# Castle Chaos in Branson Missouri



## deathstate (Sep 5, 2008)

*I'm going tomorow*

I think? it sound good. it sound like more of a ride with 3D video with smoke water wind foul scents and animationic figures on a spinning theatrical platform oh yeah and its a shooter.


----------



## Tumblindice (Aug 19, 2008)

'Fright ride' set to roll into Branson

News-Leader Staff

A 5D "fright ride" with laser battle is coming to Branson, one of two new attractions opening there July 23.

Castle of Chaos, described as the world's first such 5D ride, and Hannah's Maze of Mirrors, a modern fairy-tale themed mirror challenge, will open next door to the Hollywood Wax Museum, 3030 W. Missouri 76.

All three are owned by Kuvera Attractions, which built the Hollywood Wax Museum in Branson in 1996.

The museum remains open during a multimillion-dollar renovation expected to be finished in March , said spokeswoman Aileen Stein.

Visitors to the two new attractions will enter through a 35-foot-high castle entrance, she said.

Alterface, a Belgium-based developer of interactive entertainment, designed Castle of Chaos.

The attraction combines 3D images with special effects, motion-based seats and a laser-shooting system that racks up scores, a company news release said.

On the ride, visitors will discover the fate of 1920s horror film star Carli Winepeg and her 25-man crew, who mysteriously disappeared while shooting the film "Castle of Chaos" inside a 15th century castle.

"The bats, insects, zombies and dog drool that burns the floor like acid will definitely make your skin crawl," said Kuvera Attractions Partner Tej Sundher. "It's really exciting to be able to introduce an attraction that is a masterpiece of technology and so intensely engrossing and interactive."

There are eight sequences, so repeat visitors can have different experiences and build on their scores.

Hannah's Maze of Mirrors challenges guests of all ages to make their way through 288 potential turns among hundreds of mirrored walls and archways, the news release said.
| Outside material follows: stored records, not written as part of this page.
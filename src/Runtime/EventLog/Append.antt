-- ===== src/Runtime/EventLog/Append.antt =====
-- Every append keeps the invariant, whatever the operating system answers.
use mathlib.Core.List.{append_assoc, append-nil}
use littleorgans.Base.{
  ℕ, ◌+◌, ◌-◌, ◌<◌, ◌≤◌, ◌≡◌, refl, inl, inr, Bool, true, false, ◌&&◌, Option, none, some, List, [],
  ◌⊎◌, ◌∷◌, ◌++◌, arith, length, take, drop, length-drop, length-append, take-append-drop,
  if◌then◌else◌, All-append, Bool-cases,
}
use littleorgans.Base.Exec.{Result, ok, err, pure, ◌>>◌, bind_keeps}
use littleorgans.Runtime.Lifecycle.{RuntimeEvent}
use littleorgans.Runtime.Failure.{Failure}
use littleorgans.Runtime.EventLog.{
  EventLogEntry, EventLog, AppendIo, from_event, contains_key, retention_min_events, u64_max, claim,
  write_all, put, newline, push, sync_after, retain_from_index, compact_at, compact_by,
  compact_if_due, next_entry, settle, append_recorded_event,
}
use littleorgans.Runtime.EventLog.Invariant.{
  IsLog, Ascends-weaken, Ascends-snoc, Distinct-snoc, fresh_of_unseen, Seen-claim,
  contains_key-claim, key_of,
}

-- The replacement of the file goes through, where a compaction is made at all.
abbrev pub Compacts : AppendIo → Type 0
Compacts os = (os.create_ok && os.copy_ok && os.rename_ok && os.reopen_ok) ≡ true

-- Both writes of a record went through.
abbrev pub wrote : AppendIo → Bool
wrote os = elim os.record_cut [ none ↦ os.newline_ok | some _ ↦ false ]

-- The entries that an append adds to the history: one, unless the event was seen before or a
-- write failed.
unfoldable pub recorded : AppendIo → RuntimeEvent → ℕ → EventLog → List EventLogEntry
recorded os event ts_ms log =
    if contains_key (from_event event) log.seen_event_keys
    then []
    else if wrote os
    then record { seq = log.next_seq; ts_ms = ts_ms; event = event } ∷ []
    else []

retained_more :
    (dropped es : List EventLogEntry) (x : EventLogEntry)
    → (dropped ≡ []) ⊎ (retention_min_events ≤ length es)
    → (dropped ≡ []) ⊎ (retention_min_events ≤ length (es ++ x ∷ []))
retained_more dropped es x (inl none_dropped) = inl none_dropped
retained_more dropped es x (inr enough) = inr (rw (length-append es (x ∷ [])) (omega arith))

-- Steps that leave the entries, the keys and the counter as they are keep the invariant.
IsLog-same :
    (hist : List EventLogEntry) (a b : EventLog)
    → b.events ≡ a.events
    → b.seen_event_keys ≡ a.seen_event_keys
    → b.next_seq ≡ a.next_seq
    → IsLog hist a
    → IsLog hist b
IsLog-same hist a b p q r h = record {
  dropped = h.dropped;
  split = rw p h.split;
  retained = rw p h.retained;
  ascends = rw r h.ascends;
  seen = rw q h.seen;
  distinct = h.distinct;
}

pub retain_from_index_bounds :
    (now : Option ℕ) (es : List EventLogEntry) (n : ℕ)
    → retain_from_index now es ≡ ok (some n)
    → (n ≤ length es - retention_min_events) × (retention_min_events ≤ length es)
unfolding retain_from_index
retain_from_index_bounds now es n e = ground arith

module _ (encode : EventLogEntry → List ℕ) (os : AppendIo) where
  compact_at-IsLog :
      (hist : List EventLogEntry) (n : ℕ) (log : EventLog)
      → Compacts os
      → n ≤ length log.events - retention_min_events
      → retention_min_events ≤ length log.events
      → IsLog hist log
      → IsLog hist (compact_at encode os n log).1
  unfolding compact_at
  compact_at-IsLog hist n log good fits big h =
      let kept : IsLog hist (record log { events = drop n log.events }) = record {
        dropped = h.dropped ++ take n log.events;
        split = rw append_assoc (rw (take-append-drop n log.events) h.split);
        retained = inr (omega (arith, length-drop n log.events));
        ascends = h.ascends;
        seen = h.seen;
        distinct = h.distinct;
      } in
      IsLog-same hist (record log { events = drop n log.events }) _ (ground arith) (ground arith)
        (ground arith) kept

  compact_by-IsLog :
      (hist : List EventLogEntry) (r : Result Failure (Option ℕ)) (log : EventLog)
      → Compacts os
      → ((n : ℕ)
          → r ≡ ok (some n)
          → (n ≤ length log.events - retention_min_events)
            × (retention_min_events ≤ length log.events))
      → IsLog hist log
      → IsLog hist (compact_by encode os r log).1
  unfolding compact_by
  compact_by-IsLog hist (err e) log good fits h = h
  compact_by-IsLog hist (ok none) log good fits h = h
  compact_by-IsLog hist (ok (some n)) log good fits h =
      compact_at-IsLog hist n log good (fits n refl).0 (fits n refl).1 h

  compact_if_due-IsLog :
      (hist : List EventLogEntry) (log : EventLog)
      → Compacts os
      → IsLog hist log
      → IsLog hist (compact_if_due encode os log).1
  unfolding compact_if_due
  compact_if_due-IsLog hist log good h =
      compact_by-IsLog hist (retain_from_index os.now_ms log.events) log good
        (λ n e. retain_from_index_bounds os.now_ms log.events n e) h

  sync_after-IsLog :
      (hist : List EventLogEntry) (b : Bool) (log : EventLog)
      → IsLog hist log
      → IsLog hist (sync_after b os log).1
  unfolding sync_after
  sync_after-IsLog hist true log h =
      IsLog-same hist log _ (ground arith) (ground arith) (ground arith) h
  sync_after-IsLog hist false log h = h

  claim-IsLog :
      (hist : List EventLogEntry) (log : EventLog) (event : RuntimeEvent)
      → log.next_seq < u64_max
      → IsLog hist log
      → IsLog hist (claim (from_event event) log).1
  unfolding claim
  claim-IsLog hist log event room h = record {
    dropped = h.dropped;
    split = h.split;
    retained = h.retained;
    ascends = Ascends-weaken 0 log.next_seq _ hist (omega arith) h.ascends;
    seen = Seen-claim (from_event event) log.seen_event_keys hist h.seen;
    distinct = h.distinct;
  }

  -- The entry that was claimed is in place once both writes went through.
  push-IsLog :
      (hist : List EventLogEntry) (log : EventLog) (event : RuntimeEvent) (ts_ms : ℕ)
      → log.next_seq < u64_max
      → contains_key (from_event event) log.seen_event_keys ≡ false
      → IsLog hist log
      → (w : EventLog) → w.events ≡ log.events
      → w.seen_event_keys ≡ from_event event ∷ log.seen_event_keys
      → w.next_seq ≡ log.next_seq + 1
      → IsLog
          (hist ++ next_entry encode log event ts_ms ∷ [])
          (push (next_entry encode log event ts_ms) w).1
  unfolding push
  push-IsLog hist log event ts_ms room new h w p q r = record {
    dropped = h.dropped;
    split = rw (p, ← append_assoc, ← h.split) refl;
    retained =
        retained_more h.dropped w.events (next_entry encode log event ts_ms) (rw p h.retained);
    ascends =
        rw r (Ascends-snoc 0 log.next_seq hist (next_entry encode log event ts_ms) h.ascends refl);
    seen = rw q (
        All-append (λ e. contains_key (key_of e) (from_event event ∷ log.seen_event_keys) ≡ true)
          hist (next_entry encode log event ts_ms ∷ [])
          (Seen-claim (from_event event) log.seen_event_keys hist h.seen)
          (contains_key-claim (from_event event) log.seen_event_keys, tt));
    distinct =
        Distinct-snoc hist (next_entry encode log event ts_ms) h.distinct
          (fresh_of_unseen (from_event event) log.seen_event_keys hist new h.seen);
  }

  settle-IsLog :
      (hist : List EventLogEntry) (entry : EventLogEntry) (b : Bool) (w : EventLog)
      → Compacts os
      → IsLog hist (push entry w).1
      → IsLog hist (settle encode os entry b w).1
  unfolding settle
  settle-IsLog hist entry b w good h =
      bind_keeps (IsLog hist) (push entry)
        (λ _. sync_after b os >> (compact_if_due encode os >> pure entry.event)) w h
        (λ _ p hp.
          bind_keeps (IsLog hist) (sync_after b os)
            (λ _. compact_if_due encode os >> pure entry.event) p (sync_after-IsLog hist b p hp)
            (λ _ s hs.
              bind_keeps (IsLog hist) (compact_if_due encode os) (λ _. pure entry.event) s
                (compact_if_due-IsLog hist s good hs) (λ _ _ hc. hc)))

  writes-IsLog :
      (hist : List EventLogEntry) (log : EventLog) (event : RuntimeEvent) (ts_ms : ℕ) (b : Bool)
      (cut : Option ℕ) (nl : Bool)
      → Compacts os
      → log.next_seq < u64_max
      → contains_key (from_event event) log.seen_event_keys ≡ false
      → IsLog hist log
      → IsLog
          (hist
            ++ (if elim cut [ none ↦ nl | some _ ↦ false ]
                then next_entry encode log event ts_ms ∷ []
                else []))
          ((write_all (encode (next_entry encode log event ts_ms)) cut
              >> (write_all (newline ∷ []) (if nl then none else some 0)
                  >> settle encode os (next_entry encode log event ts_ms) b))
            (claim (from_event event) log).1).1
  unfolding write_all put
  writes-IsLog hist log event ts_ms b (some n) nl good room new h = rw append-nil (
      IsLog-same hist (claim (from_event event) log).1 _ (ground arith) (ground arith)
        (ground arith) (claim-IsLog hist log event room h))
  writes-IsLog hist log event ts_ms b none false good room new h = rw append-nil (
      IsLog-same hist (claim (from_event event) log).1 _ (ground arith) (ground arith)
        (ground arith) (claim-IsLog hist log event room h))
  writes-IsLog hist log event ts_ms b none true good room new h =
      settle-IsLog _ (next_entry encode log event ts_ms) b
        (put (newline ∷ [])
          (put (encode (next_entry encode log event ts_ms)) (claim (from_event event) log).1))
        good
        (push-IsLog hist log event ts_ms room new h
          (put (newline ∷ [])
            (put (encode (next_entry encode log event ts_ms)) (claim (from_event event) log).1))
          (unfold claim in ground arith) (unfold claim in ground arith)
          (unfold claim in ground arith))

  -- Below the last sequence number an append keeps the invariant, and the history grows by what it
  -- recorded, whatever the writes and the sync answer, but with a compaction that goes through: the
  -- log is a suffix of everything recorded, with increasing numbers, no key twice, and at least
  -- `retention_min_events` entries if any was ever dropped.
  pub append_recorded_event-IsLog :
      (hist : List EventLogEntry) (log : EventLog) (event : RuntimeEvent) (ts_ms : ℕ) (b : Bool)
      → Compacts os
      → log.next_seq < u64_max
      → IsLog hist log
      → IsLog
          (hist ++ recorded os event ts_ms log)
          (append_recorded_event encode os event ts_ms b log).1
  unfolding recorded append_recorded_event
  append_recorded_event-IsLog hist log event ts_ms b good room h =
      elim (Bool-cases (contains_key (from_event event) log.seen_event_keys)) [
        | inl old ↦ rw (old, append-nil) h
        | inr new ↦
            rw new (writes-IsLog hist log event ts_ms b os.record_cut os.newline_ok good room new h)
      ]
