-- ===== src/Runtime/EventLog/Counts.antt =====
-- How many entries of a kind an append may add to the log, whatever the operating system answers.
use littleorgans.Base.{
  ℕ, zero, suc, ◌+◌, ◌≤◌, ◌≡◌, refl, Bool, true, false, Option, none, some, List, [], ◌∷◌, ◌++◌,
  if◌then◌else◌, arith, take, drop, Bool-cases, inl, inr,
}
use littleorgans.Base.Exec.{Result, ok, err, pure, ◌>>◌, bind_keeps, bind_ends}
use littleorgans.Runtime.Lifecycle.{RuntimeEvent}
use littleorgans.Runtime.Failure.{Failure}
use littleorgans.Runtime.EventLog.{
  EventLogEntry, EventLog, AppendIo, claim, write_all, put, push, sync_if_due, sync_after,
  compact_at, compact_by, compact_if_due, next_entry, settle, record_entry, append_recorded_event,
  append, newline, contains_key, from_event, retain_from_index,
}

module _ (p : RuntimeEvent → Bool) where
  -- The number of entries whose event passes the test.
  unfoldable pub count : List EventLogEntry → ℕ
  count [] = 0
  count (e ∷ es) = (if p e.event then 1 else 0) + count es

  pub count-append : (xs ys : List EventLogEntry) → count (xs ++ ys) ≡ count xs + count ys
  unfolding count
  count-append [] ys = ground arith
  count-append (x ∷ xs) ys = ground (arith, count-append xs ys)

  count-take : (n : ℕ) (xs : List EventLogEntry) → count (take n xs) ≤ count xs
  unfolding count
  count-take zero xs = ground arith
  count-take (suc n) [] = ground arith
  count-take (suc n) (x ∷ xs) = ground (arith, count-take n xs)

  count-drop : (n : ℕ) (xs : List EventLogEntry) → count (drop n xs) ≤ count xs
  unfolding count
  count-drop zero xs = ground arith
  count-drop (suc n) [] = ground arith
  count-drop (suc n) (x ∷ xs) = ground (arith, count-drop n xs)

  AtMost : ℕ → EventLog → Type 0
  AtMost n log = count log.events ≤ n

  module _ (encode : EventLogEntry → List ℕ) (os : AppendIo) (n : ℕ) where
    compact_at-AtMost :
        (k : ℕ) (log : EventLog) → AtMost n log → AtMost n (compact_at encode os k log).1
    unfolding compact_at AtMost
    compact_at-AtMost k log h = ground (arith, count-take k log.events, count-drop k log.events)

    compact_by-AtMost :
        (r : Result Failure (Option ℕ)) (log : EventLog)
        → AtMost n log
        → AtMost n (compact_by encode os r log).1
    unfolding compact_by
    compact_by-AtMost (err e) log h = h
    compact_by-AtMost (ok none) log h = h
    compact_by-AtMost (ok (some k)) log h = compact_at-AtMost k log h

    sync_after-AtMost :
        (b : Bool) (log : EventLog) → AtMost n log → AtMost n (sync_after b os log).1
    unfolding sync_after sync_if_due AtMost
    sync_after-AtMost true log h = ground arith
    sync_after-AtMost false log h = h

    settle-AtMost :
        (entry : EventLogEntry) (b : Bool) (log : EventLog)
        → AtMost n (push entry log).1
        → AtMost n (settle encode os entry b log).1
    unfolding settle compact_if_due
    settle-AtMost entry b log h =
        bind_keeps (AtMost n) (push entry)
          (λ _. sync_after b os >> (compact_if_due encode os >> pure entry.event)) log h
          (λ _ t k.
            bind_keeps (AtMost n) (sync_after b os)
              (λ _. compact_if_due encode os >> pure entry.event) t (sync_after-AtMost b t k)
              (λ _ u k'.
                bind_keeps (AtMost n) (compact_if_due encode os) (λ _. pure entry.event) u
                  (compact_by-AtMost (retain_from_index os.now_ms u.events) u k') (λ _ v k''. k'')))

  module _ (encode : EventLogEntry → List ℕ) (os : AppendIo) where
    -- Steps before the entry is pushed leave the entries as they are.
    Same : EventLog → EventLog → Type 0
    Same a b = b.events ≡ a.events

    write_all-Same :
        (bytes : List ℕ) (cut : Option ℕ) (a b : EventLog)
        → Same a b
        → Same a (write_all bytes cut b).1
    unfolding write_all put Same
    write_all-Same bytes none a b h = ground arith
    write_all-Same bytes (some k) a b h = ground arith

    pushed :
        (entry : EventLogEntry) (a b : EventLog)
        → Same a b
        → AtMost (count a.events + (if p entry.event then 1 else 0)) (push entry b).1
    unfolding push Same AtMost count
    pushed entry a b h = rw (h, count-append a.events (entry ∷ [])) (ground arith)

    Same-AtMost :
        (entry : EventLogEntry) (a b : EventLog)
        → Same a b
        → AtMost (count a.events + (if p entry.event then 1 else 0)) b
    unfolding Same AtMost
    Same-AtMost entry a b h = rw h (omega arith)

    record_entry-AtMost :
        (entry : EventLogEntry) (b : Bool) (log : EventLog)
        → AtMost
            (count log.events + (if p entry.event then 1 else 0))
            (record_entry encode os entry b log).1
    unfolding record_entry claim
    record_entry-AtMost entry b log =
        let n = count log.events + (if p entry.event then 1 else 0) in
        let newline_cut = if os.newline_ok then none else some 0 in
        let weaken : (t : EventLog) → Same log t → AtMost n t = λ t h. Same-AtMost entry log t h in
        bind_ends (Same log) (AtMost n) (write_all (encode entry) os.record_cut)
          (λ _. write_all (newline ∷ []) newline_cut >> settle encode os entry b)
          (claim (from_event entry.event) log).1
          (write_all-Same (encode entry) os.record_cut log _ (unfold Same in refl)) weaken
          (λ _ t h.
            bind_ends (Same log) (AtMost n) (write_all (newline ∷ []) newline_cut)
              (λ _. settle encode os entry b) t (write_all-Same (newline ∷ []) newline_cut log t h)
              weaken (λ _ u k. settle-AtMost encode os n entry b u (pushed entry log u k)))

    -- An append adds to the entries that pass a test at most the new one, and that one only if its
    -- event passes.
    pub append-count :
        (now : Option ℕ) (event : RuntimeEvent) (log : EventLog)
        → count (append encode os now event log).1.events
          ≤ count log.events + (if p event then 1 else 0)
    unfolding append append_recorded_event AtMost
    append-count none event log = ground arith
    append-count (some ts_ms) event log =
        elim (Bool-cases (contains_key (from_event event) log.seen_event_keys)) [
          | inl old ↦ rw old (ground arith)
          | inr new ↦ rw new (record_entry-AtMost (next_entry encode log event ts_ms) true log)
        ]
A single admission to Hannah's Maze of Mirrors is good all day. VIP passes will be available so guests can visit the Hollywood Wax Museum, Hannah's Maze of Mirrors and Castle of Chaos for the discounted price of $24.95 per adult and $14.95 per child.

All three attractions will be open 365 days a year.


----------



## deathstate (Sep 5, 2008)

*I took some bad pics*

pics of the brochure in my albums get more pics later did not have my camera last night but the entrance to the ride is actually through the wax museum the castle facade is quite interesting but is only the entrance to mirror maze. you can do all three for $24.95


----------



## strangebrew (Jun 18, 2006)

i'm only 30 minutes away and will be trying out that attraction, possibly this week. i'll post a review if i get to go this week.


----------



## deathstate (Sep 5, 2008)

*I went twice*

I went and definitely recommend it.(Its efn awsm) well worth it they have horror section in the wax museum that is full of the favorites with many photo opportunities and who can resist a mirror maze. the piece de resistance if the motion bothers you they recommend you set in the middle I recommend you sit in the back you can really feel the spinning the 3d reaches out of the screen and into the audience. ohh yes!! and there will be blood there will be blood! and when the bugs crawl out of the screen they will be crawling up your legs you cant stop them! gotta stop don't ruin the surprise. pew! I will be posting more pics not of inside the ride but some other stuff and the castle facade


----------



## Scattered Screams (Mar 4, 2008)

*I'd Be Go'in*

I'll be going this weekend and will check it out we are also doing the haunted house and dino, the Titanic, Silver Dollar City.


----------



## deadlypeanutboy (Oct 9, 2007)

We always go to camp for a few days in October on Table Rock. We ussually do Silver Dollar City and spend some time on the lake enjoying the autumn breezes. Now we have something else to look forward to! I can't wait!!


----------



## deathstate (Sep 5, 2008)

*just found out*

found out haunted adventure in west branson will be reopening this fall they are currently updating and improvingBranson Haunted Adventure Park I went to the haunted house monster asylum / dinosaur museum last year great scenery.


----------



## strangebrew (Jun 18, 2006)

i finally made it to castle of chaos last night. i didn't think it was very good. $14.95 for a very short attraction with few scares. the 3d was not as good as current 3d movies. probably more enjoyable for younger teens. there was one cool part involving a dog. i won't divulge any secrets so it won't be spoiled for anyone who wants to try the attraction.


----------



## BevAnn (Aug 7, 2007)

hhmm, I haven't even heard of it! But it might be cool!!

We always hit the Haunted Castle in Muskogee - it's become a tradition. We are always in Tulsa for a soccer tournament that weekend of the Oct 23/24ish every year, so I always load up about 16 boys to take over on the Saturday night we are there. It's great!! We never get tired of it!


----------